Different factors can cause system errors, including conflicts among device drivers, software, and hardware, and corrupt elements in specific files. Although a system error may occur only when you work with Adobe Reader, Adobe Reader may not necessarily be the cause--it may be the only application that is memory- or processor-intensive enough to expose the problem.

To benefit most from this document, perform the tasks in order. Keep track of the tasks you perform and the results of each, including errors or other problems. Adobe Technical Support can use this information to better assist you, should you need to call.

Beginning troubleshooting

The tasks in this section can help you resolve the most common system errors. Always restart the computer after a system error occurs to refresh its memory. Continuing to work without restarting the computer may compound the problem.

Note: Some of these tasks require you to locate hidden files or folders, or files by their full file names, which include extensions (for example, filename.ini). By default, Windows Explorer doesn't show hidden files, hidden folders, and filename extensions it recognizes.

To show hidden files, hidden folders, and all filename extensions in Windows Explorer:

1. In Windows Explorer, choose Tools > Folder Options.

2. Click the View tab in the Options dialog box.

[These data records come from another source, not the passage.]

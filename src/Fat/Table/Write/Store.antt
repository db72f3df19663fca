-- ===== src/Fat/Table/Write/Store.antt =====
-- `writenextclus` for FAT16 and FAT32 writes one entry of the table.
use chouryos.Base.{
  ℕ, ◌+◌, ◌*◌, ◌/◌, ◌%◌, ◌^◌, ◌≤◌, ◌<◌, ◌≡◌, ◌≢◌, refl, sym, ap, subst, ◌∙◌, true, false, ◌==◌,
  if◌then◌else◌, u32, arith,
}
use chouryos.Hd.{Sector, WriteHd, IsDriver}
use chouryos.Fat.{Filetype, fat12, fat16, fat32, bits, Geometry, Volume, read_sector}
use chouryos.Fat.Table.{
  is_no_clus, set16, set32, write_at, poke, write16, write32, write_by, writenextclus,
}
use chouryos.Fat.Table.Entry.{byte_at, entry_by, entry, IsGeometry, InTable, IsCoherent}
use chouryos.Fat.Table.Write.{HasEntry, patched, patched_bytes, patched_sectors, patched-HasWritten}

set16_here :
    (p n : ℕ) (v1 old : Sector) (b : ℕ)
    → p % 512 < 511
    → b / 512 ≡ p / 512
    → v1 (b % 512) ≡ old b
    → set16 v1 (p % 512) n (b % 512) ≡ set16 old p n b
set16_here p n v1 old b h e q = ground arith

set16_there :
    (p n : ℕ) (old : Sector) (b : ℕ) → p % 512 < 511 → b / 512 ≢ p / 512 → set16 old p n b ≡ old b
set16_there p n old b h e = ground arith

set32_here :
    (p n : ℕ) (v1 old : Sector) (b : ℕ)
    → p % 512 < 509
    → b / 512 ≡ p / 512
    → v1 (b % 512) ≡ old b
    → set32 v1 (p % 512) n (b % 512) ≡ set32 old p n b
set32_here p n v1 old b h e q = ground arith

set32_there :
    (p n : ℕ) (old : Sector) (b : ℕ) → p % 512 < 509 → b / 512 ≢ p / 512 → set32 old p n b ≡ old b
set32_there p n old b h e = ground arith

entry16_set :
    (old : Sector) (c n x : ℕ)
    → n < 2 ^ 16
    → set16 old (c * 2) n (x * 2) + set16 old (c * 2) n (x * 2 + 1) * 256
      ≡ (if c == x then n else old (x * 2) + old (x * 2 + 1) * 256)
entry16_set old c n x h = ground arith

entry32_set :
    (old : Sector) (c n x : ℕ)
    → n < 2 ^ 32
    → (let s = set32 old (c * 4) n in
        s (x * 4) + s (x * 4 + 1) * 256 + s (x * 4 + 2) * 65536 + s (x * 4 + 3) * 16777216)
      ≡ (if c == x
          then n
          else old (x * 4)
            + old (x * 4 + 1) * 256
            + old (x * 4 + 2) * 65536
            + old (x * 4 + 3) * 16777216)
entry32_set old c n x h = ground arith

module _ (k : WriteHd) (d : IsDriver k) (g : Geometry) (v : Volume) (w : IsGeometry g)
    (h : IsCoherent g v) where
  module _ (c n : ℕ) where
    write16-patched :
        c * 16 < 2 ^ 32
        → (c + 1) * 16 ≤ g.fat_sec_sz * 4096
        → write16 k g c n v ≡ patched k d g v w h (λ b. set16 b (c * 2 % 512) n) (c * 2)
    unfolding write16 patched
    write16-patched small inside =
        let go =
          λ (s s' o : ℕ). write_at k g s s' (poke k g (λ b. set16 b o n) (read_sector g s v)) in
        let s0 = λ (b : ℕ). u32 (c * 2) / b + g.rsvd_sec_cnt in
        ap (λ b. go (u32 (s0 b)) (u32 (s0 b + g.fat_sec_sz)) (2 * (c % (b / 2)))) w.sector ∙ λ i.
        let e1 : u32 (s0 512) ≡ g.rsvd_sec_cnt + c * 2 / 512 = omega (arith, w.room) in
        let e2 : u32 (s0 512 + g.fat_sec_sz) ≡ g.rsvd_sec_cnt + c * 2 / 512 + g.fat_sec_sz =
          omega (arith, w.room) in
        let e3 : 2 * (c % (512 / 2)) ≡ c * 2 % 512 = omega arith in go (e1 i) (e2 i) (e3 i)

    write32-patched :
        c * 32 < 2 ^ 32
        → (c + 1) * 32 ≤ g.fat_sec_sz * 4096
        → write32 k g c n v ≡ patched k d g v w h (λ b. set32 b (c * 4 % 512) n) (c * 4)
    unfolding write32 patched
    write32-patched small inside =
        let go =
          λ (s s' o : ℕ). write_at k g s s' (poke k g (λ b. set32 b o n) (read_sector g s v)) in
        let s0 = λ (b : ℕ). u32 (c * 4) / b + g.rsvd_sec_cnt in
        ap (λ b. go (u32 (s0 b)) (u32 (s0 b + g.fat_sec_sz)) (4 * (c % (b / 4)))) w.sector ∙ λ i.
        let e1 : u32 (s0 512) ≡ g.rsvd_sec_cnt + c * 4 / 512 = omega (arith, w.room) in
        let e2 : u32 (s0 512 + g.fat_sec_sz) ≡ g.rsvd_sec_cnt + c * 4 / 512 + g.fat_sec_sz =
          omega (arith, w.room) in
        let e3 : 4 * (c % (512 / 4)) ≡ c * 4 % 512 = omega arith in go (e1 i) (e2 i) (e3 i)

    store16 :
        g.ft ≡ fat16
        → (c + 1) * 16 ≤ g.fat_sec_sz * 4096
        → n < 2 ^ 16
        → HasEntry g c n v (patched k d g v w h (λ b. set16 b (c * 2 % 512) n) (c * 2))
    unfolding entry
    store16 e inside fits =
        let f = λ (b : Sector). set16 b (c * 2 % 512) n in
        let patch = λ (b : Sector). set16 b (c * 2) n in
        let here =
          λ (v1 : Sector) (b : ℕ). set16_here (c * 2) n v1 (byte_at g v.disk) b (omega arith) in
        let there = λ (b : ℕ). set16_there (c * 2) n (byte_at g v.disk) b (omega arith) in
        let inside' : c * 2 < g.fat_sec_sz * 512 = omega arith in
        let v' = patched k d g v w h f (c * 2) in
        let at = patched_bytes k d g v w h f patch (c * 2) inside' here there in
        record {
          entries = λ x lo hi.
              let hi' : (x + 1) * 16 ≤ g.fat_sec_sz * 4096 =
                subst (λ t. (x + 1) * bits t ≤ g.fat_sec_sz * 4096) e hi in
              ap (λ t. entry_by t g v'.disk x) e
              ∙ (λ i. at (x * 2) (omega arith) i + at (x * 2 + 1) (omega arith) i * 256)
              ∙ entry16_set (byte_at g v.disk) c n x fits
              ∙ ap (λ t. if c == x then n else entry_by t g v.disk x) (sym e);
          sectors = patched_sectors k d g v w h f patch (c * 2) inside' here there;
          coherent = (patched-HasWritten k d g v w h f patch (c * 2) inside' here there).coherent;
        }

    store32 :
        g.ft ≡ fat32
        → (c + 1) * 32 ≤ g.fat_sec_sz * 4096
        → n < 2 ^ 32
        → HasEntry g c n v (patched k d g v w h (λ b. set32 b (c * 4 % 512) n) (c * 4))
    unfolding entry
    store32 e inside fits =
        let f = λ (b : Sector). set32 b (c * 4 % 512) n in
        let patch = λ (b : Sector). set32 b (c * 4) n in
        let here =
          λ (v1 : Sector) (b : ℕ). set32_here (c * 4) n v1 (byte_at g v.disk) b (omega arith) in
        let there = λ (b : ℕ). set32_there (c * 4) n (byte_at g v.disk) b (omega arith) in
        let inside' : c * 4 < g.fat_sec_sz * 512 = omega arith in
        let v' = patched k d g v w h f (c * 4) in
        let at = patched_bytes k d g v w h f patch (c * 4) inside' here there in
        record {
          entries = λ x lo hi.
              let hi' : (x + 1) * 32 ≤ g.fat_sec_sz * 4096 =
                subst (λ t. (x + 1) * bits t ≤ g.fat_sec_sz * 4096) e hi in
              ap (λ t. entry_by t g v'.disk x) e
              ∙ (λ i.
                  at (x * 4) (omega arith) i
                  + at (x * 4 + 1) (omega arith) i * 256
                  + at (x * 4 + 2) (omega arith) i * 65536
                  + at (x * 4 + 3) (omega arith) i * 16777216)
              ∙ entry32_set (byte_at g v.disk) c n x fits
              ∙ ap (λ t. if c == x then n else entry_by t g v.disk x) (sym e);
          sectors = patched_sectors k d g v w h f patch (c * 4) inside' here there;
          coherent = (patched-HasWritten k d g v w h f patch (c * 4) inside' here there).coherent;
        }

-- A number fits into an entry of FAT16 or FAT32; FAT12 is left out.
abbrev pub FitsEntry : Filetype → ℕ → Type 0
FitsEntry fat12 n = ⊥
FitsEntry fat16 n = n < 2 ^ 16
FitsEntry fat32 n = n < 2 ^ 32

-- `writenextclus` on a FAT16 or FAT32 volume with a driver that writes sectors: the entry of the
-- cluster in the first table is the number that is given, every other entry and every sector behind
-- the tables is as before, and the buffer holds the sector that it is said to hold.
pub writenextclus-HasEntry :
    (k : WriteHd) (g : Geometry) (c n : ℕ) (v : Volume)
    → IsDriver k
    → IsGeometry g
    → InTable g c
    → IsCoherent g v
    → FitsEntry g.ft n
    → (v' : Volume) × (writenextclus k g c n v ≡ (true, v')) × HasEntry g c n v v'
unfolding writenextclus
writenextclus-HasEntry k g c n v d w t h fits =
    let clus : is_no_clus g c ≡ false = ground (arith, t.range) in
    (_, rw clus, by_type g.ft refl t.small t.inside fits)
  where
    by_type :
        (ft : Filetype)
        → g.ft ≡ ft
        → c * bits ft < 2 ^ 32
        → (c + 1) * bits ft ≤ g.fat_sec_sz * 4096
        → FitsEntry ft n
        → HasEntry g c n v (write_by k g ft c n v)
    by_type fat12 e small inside f = absurd f
    by_type fat16 e small inside f =
        subst (HasEntry g c n v) (sym (write16-patched k d g v w h c n small inside))
          (store16 k d g v w h c n e inside f)
    by_type fat32 e small inside f =
        subst (HasEntry g c n v) (sym (write32-patched k d g v w h c n small inside))
          (store32 k d g v w h c n e inside f)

3. Select Show Hidden Files And Folders.

4. Deselect Hide File Extensions For Known File Types.

5. Click OK.

1. Make sure that the system meets the minimum requirements for Adobe Reader.

Adobe Reader 8 may not run correctly if the system doesn't meet the following requirements:

-- Intel Pentium processor

-- Microsoft Windows XP Professional or Home Edition (Service Pack 1 or 2), Windows 2000 (Service Pack 2), Windows XP Tablet PC Edition, Windows Server 2003, or Windows NT (Service Pack 6 or 6a)

-- 128MB of RAM (256MB recommended)

-- Up to 90MB of available hard-disk space

-- Microsoft Internet Explorer 5.5 (or higher), Netscape 7.1 (or 8.0), Firefox 1.0, or Mozilla 1.7

2. Install the latest version of Adobe Reader.

The latest version of Adobe Reader may be more compatible with your operating system and hardware drivers. Before you install an update or upgrade, make sure that the system meets the requirements.

The free Adobe Reader is available from the Adobe website at http://www.adobe.com/products/acrobat/readstep2.html .

3. Run Adobe Reader while no applications are running in the background.

Some applications that run in the background may cause system errors or freezes when running concurrently with Adobe Reader. You can identify these applications and disable them before starting Adobe Reader. To identify problematic applications that run in the background, remove applications from the Startup folder and close those that are specified in the registry to start automatically.

-- To disable startup items and services (Windows XP):

1. Quit all applications.

2. Choose Start > Run, type msconfig in the Open text box, and click OK.

3. Click the Startup tab and the Services tab. Record all unselected items.

4. Click the General tab, and choose Selective startup.

5. Deselect Load Startup Items. Verify that Process System.ini File, Process WIN.INI File, and Load System Services are checked.

6. Click the Services Tab, and check Hide All Microsoft Services

7. Click Disable All.

8. Click OK, and restart Windows.

9. Right-click icons in the Notification Area (called the System Tray in earlier versions of Windows) to close or disable any startup items that are still active.

Note: Upon reboot, you'll be notified that the System Configuration Utility has made changes to the way that Windows starts up. Click OK, and when the System Configuration Utility appears click Cancel.

Then, try to re-create the problem:

-- If the problem doesn't occur, one of the startup items conflicts with Adobe Reader. Reenable startup items one at a time, testing each time until you determine which item is causing the conflict. Then contact that item's developer for an update, if available.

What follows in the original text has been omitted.